Katarzyna Strusińska, (born 23 November 1987 in Ciechanów, Poland), known professionally as Kasia Struss, is a Polish model.

Career
Struss was discovered in 2005 by a local talent scout after sending her pictures to a local Polish teen magazine. She went on to finish high school in her home town of Ciechanów before signing with an agency called Avant Management. Avant has been Kasia’s mother agency for over 10 years. Style.com ranked her as one of the top 10 newcomers of that season.

Struss has appeared in various magazines, including Vogue, Numéro, W, V, Dazed & Confused, and Ten Magazine.

She has walked the runway for Marc Jacobs, Viktor & Rolf, John Galliano, Versace, Kenzo, Diesel, DKNY, Burberry Prorsum, Louis Vuitton, Alessandro Dell'Acqua, Sonia Rykiel, Gareth Pugh, Julien Macdonald, Victoria's Secret and many more.  In 2007/2008, Struss opened shows for Nina Ricci, Dries Van Noten, Doo.Ri, Giambattista Valli, PHI, Costume National, Balenciaga, Yves Saint Laurent, Jil Sander, Sinha Stanic, Jill Stuart, Loewe, and Wunderkind, and closed shows for Jil Sander, Chloé, Giambattista Valli, Thakoon, Richard Chai, Christopher Kane, and Doo.Ri.
In the Spring/Summer fashion week 2010 she was the third most booked model, after Liu Wen and Constance Jablonski, who placed first and second respectively.
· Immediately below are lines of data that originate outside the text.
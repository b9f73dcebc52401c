-- ===== src/Limits.antt =====
-- crates/murl-core/src/limits.rs: the limits of resolution and dispatch.
use m_url.Base.{ℕ}

pub record Limits : Type 0 where
  pub max_depth : ℕ
  pub max_total_resources : ℕ
  pub max_nested_manifests : ℕ
  pub max_manifest_bytes : ℕ
  pub fetch_timeout_secs : ℕ
  pub cache_ttl_secs : ℕ
  pub dispatch_stagger_ms : ℕ
  pub max_redirects : ℕ

abbrev pub default_limits : Limits
default_limits = record {
  max_depth = 3;
  max_total_resources = 64;
  max_nested_manifests = 8;
  max_manifest_bytes = 262144;
  fetch_timeout_secs = 10;
  cache_ttl_secs = 3600;
  dispatch_stagger_ms = 150;
  max_redirects = 0;
}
Struss has shot ad campaigns for Gucci, Dolce & Gabbana, Christian Dior, Valentino, Miu Miu, Hugo Boss, Costume National, Kenzo, Bottega Veneta, Alberta Ferretti, Chloé, Mulberry, Pringle of Scotland, Jil Sander, H&M, Express and Costume National.

Vogue Paris cited her in their "30 Models of the Decade".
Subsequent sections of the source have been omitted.